Ask HN: Why there are so many programming languages? - gembird


======
theseoafs
The big reason is that different languages do different things well, and new
languages try to capture the good traits of other languages or language
families. Maybe you like the JVM and the surplus of packages that are
available for it, but you hate writing Java code and want a Lisp-like language
instead: that's how you get Clojure. Or maybe you like C and its syntax and
native performance, but you want the type-safety, memory-safety, and support
for concurrency that modern languages offer: you've got Rust. Or maybe you
just love Ruby's syntax and idioms but want the performace of machine code:
that's the motivation behind Crystal, which is a newer, less popular language.

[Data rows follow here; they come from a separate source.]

-- ===== src/System/Lost.antt =====
-- etcd.go: a connection of watchLoop that breaks behind the line which says that the watch is created.
use open_blocklist.Base.{
  ℕ, ◌+◌, ◌<◌, ◌^◌, Bytes, some, none, true, List, [], ◌∷◌, All, ◌≡◌, ◌≢◌, refl, sym, ap, ◌∙◌,
  subst, arith, ltb, if◌then◌else◌,
}
use open_blocklist.Base.Int.{pos}
use open_blocklist.Base.Dict.{lookup}
use open_blocklist.Key.{rbl_prefix}
use open_blocklist.State.{App, BlockRecord, Go}
use open_blocklist.Etcd.{WatchRequest, watch_request, watch_line, watch_lines}
use open_blocklist.Etcd.Replica.{Address, IsAddress, text_of, Change, update_all}
use open_blocklist.Etcd.Reconnect.{Connection, answered, lines_of, watch_loop, watch_round}
use open_blocklist.Etcd.Reconnect.History.{
  changes, after, Ascending, Ascending-after, All-after, after-after, upto-Ascending, upto-all,
}
use open_blocklist.Etcd.Reconnect.Watched.{read-latest, IsStep, ServesAll, Sends}
use open_blocklist.Etcd.Reconnect.Advance.{one_round}
use open_blocklist.Etcd.Reconnect.Resume.{rounds, starts_behind, round-Stands}
use open_blocklist.Etcd.Reconnect.Entries.{entries, told, loop-same}
use open_blocklist.System.Converges.{IsApart, update_all-others}

module _ (go : Go) (decode_encode : (s : Bytes) → go.b64d (go.b64 s) ≡ s)
    (unmarshal_marshal : (r : BlockRecord) → go.unmarshal_record (go.marshal_record r) ≡ (r, true))
    (reads : (x : Address) → IsAddress x → go.parse_ip (text_of x) ≢ none) where
  -- The process asks for what follows the announced revision, whatever it was sent.
  next_gets_later :
      (history : List (ℕ × Change)) (etcd : WatchRequest → Connection) (n base : ℕ) (app : App)
      → ServesAll go (entries go decode_encode unmarshal_marshal reads) history etcd
      → Ascending base history
      → All (IsStep go (entries go decode_encode unmarshal_marshal reads)) history
      → 0 < n
      → n + 1 < 2 ^ 63
      → app.revision ≡ pos n
      → (k : Bytes)
      → lookup k (one_round go (entries go decode_encode unmarshal_marshal reads) etcd app).ip_table
        ≡ update_all (changes (after n history)) (λ j. lookup j app.ip_table) k
  unfolding watch_request
  next_gets_later history etcd n base app serves asc steps positive fits at k =
      let w = entries go decode_encode unmarshal_marshal reads in
      let behind = Ascending-after base n history asc in
      let sends =
        serves n (watch_request go rbl_prefix app.revision) refl refl
          (starts_behind go w n app positive fits at) in
      let (s, _, none_left, st) =
        round-Stands go w (after n history) [] etcd n n (λ j. lookup j app.ip_table) app behind
          (All-after (IsStep go w) n history steps)
          (record {
            positive = positive;
            fits = fits;
            revision = at;
            shows = λ j.
                ap (λ cs. update_all cs (λ i. lookup i app.ip_table) j)
                  (sym (upto-Ascending n (after n history) behind));
          })
          (subst
            (λ pending.
              Sends go w n pending [] (lines_of (etcd (watch_request go rbl_prefix app.revision))))
            (sym (after-after n n history (omega arith))) sends) in
      st.shows k
      ∙ ap (λ cs. update_all cs (λ j. lookup j app.ip_table) k)
          (upto-all s (after n history) none_left)

  created-known :
      (line text : Bytes) (r n : ℕ) (app : App)
      → go.unmarshal_watch line ≡ some (record { revision = text; events = [] })
      → text ≢ []
      → go.parse_int text ≡ (pos n, true)
      → r < n
      → app.revision ≡ pos r
      → ((watch_line go line app).revision ≡ pos n)
        × ((j : Bytes) → lookup j (watch_line go line app).ip_table ≡ lookup j app.ip_table)
  created-known line text r n app decoded filled e lt at =
      let (same, shown) =
        told go decode_encode unmarshal_marshal reads line text [] (λ j. lookup j app.ip_table) app
          tt decoded (λ j. refl) in
      let behind : ltb r n ≡ true = ground (arith, lt) in
      (
        same ∙ read-latest go text r n app filled e at ∙ ap (λ b. pos (if b then n else r)) behind,
        shown,
      )

  -- If base64 and JSON decode what they encoded and net.ParseIP accepts the dotted text of every
  -- address: let a process that knows revision r connect its watch of the addresses, and let the
  -- connection break behind one line without changes, as the one by which etcd says that the watch is
  -- created, whose header announces etcd's own revision n > r. Then the next connection, even one on
  -- which etcd sends all that it is asked for, leaves the table as it was at every address whose
  -- changes all have revisions up to n: those between r and n are lost. For int64 revisions.
  pub created_line_loses :
      (x : Address) (history : List (ℕ × Change)) (etcd : ℕ → WatchRequest → Connection)
      (line text : Bytes) (r n base : ℕ) (app : App)
      → etcd 0 (watch_request go rbl_prefix app.revision) ≡ answered (line ∷ [])
      → go.unmarshal_watch line ≡ some (record { revision = text; events = [] })
      → text ≢ []
      → go.parse_int text ≡ (pos n, true)
      → r < n
      → n + 1 < 2 ^ 63
      → app.revision ≡ pos r
      → ServesAll go (entries go decode_encode unmarshal_marshal reads) history (etcd 1)
      → Ascending base history
      → All (IsStep go (entries go decode_encode unmarshal_marshal reads)) history
      → All (IsApart x) (after n history)
      → lookup (text_of x) (watch_loop go etcd 2 app).ip_table ≡ lookup (text_of x) app.ip_table
  unfolding watch_loop watch_round watch_lines watch_request rounds one_round
  created_line_loses x history etcd line text r n base app first decoded filled e lt fits at serves
        asc steps others =
      let w = entries go decode_encode unmarshal_marshal reads in
      let (known, same) = created-known line text r n app decoded filled e lt at in
      let told_only : watch_round go (etcd 0) app ≡ watch_line go line app =
        ap (λ c. watch_lines go (lines_of c) app) first in
      ap (λ (a : App). lookup (text_of x) a.ip_table)
        (ap (watch_round go (etcd 1)) told_only
          ∙ loop-same go decode_encode unmarshal_marshal reads (λ i. etcd 1) 1
              (watch_line go line app))
      ∙ next_gets_later history (etcd 1) n base (watch_line go line app) serves asc steps
          (omega (arith, lt)) fits known (text_of x)
      ∙ update_all-others x (after n history) (λ j. lookup j (watch_line go line app).ip_table)
          others
      ∙ same (text_of x)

It's all about the transmission of ideas. "I'm going to take traits A and B
from language X, and traits C and D from language Y, all while avoiding traits
E and F from language Z." You try to isolate the good ideas from languages and
suppress the bad ones -- but your new language is sure to have some bad ideas
of its own, so somebody's bound to reinterpret it later if your language gets
sufficiently popular. There's no language that's perfect for every single use-
case, and there never will be, so this will probably continue on forever.

------
samsquire
We have no idea what we are doing.

More seriously, Languages are linked to cognition and thought processes. I
wouldn't go so far as to say they're a serialisation or marshalling of thought
but you could see language as the rules that dictate the semantics of
communication.

Like human languages, they simultaneously evolve and cross pollenate as we
improve our 'vocabulary of semantics'.

------
ankurdhama
Anything that is "general purpose" can have many many variations. This is
exactly the case with general purpose programming languages. Special purpose
language (eg: SQL) doesn't lead to such situations.

------
a3n
Because everyone takes Compilers in school.

------
J_Darnley
Because people refuse to use hand-written machine instructions!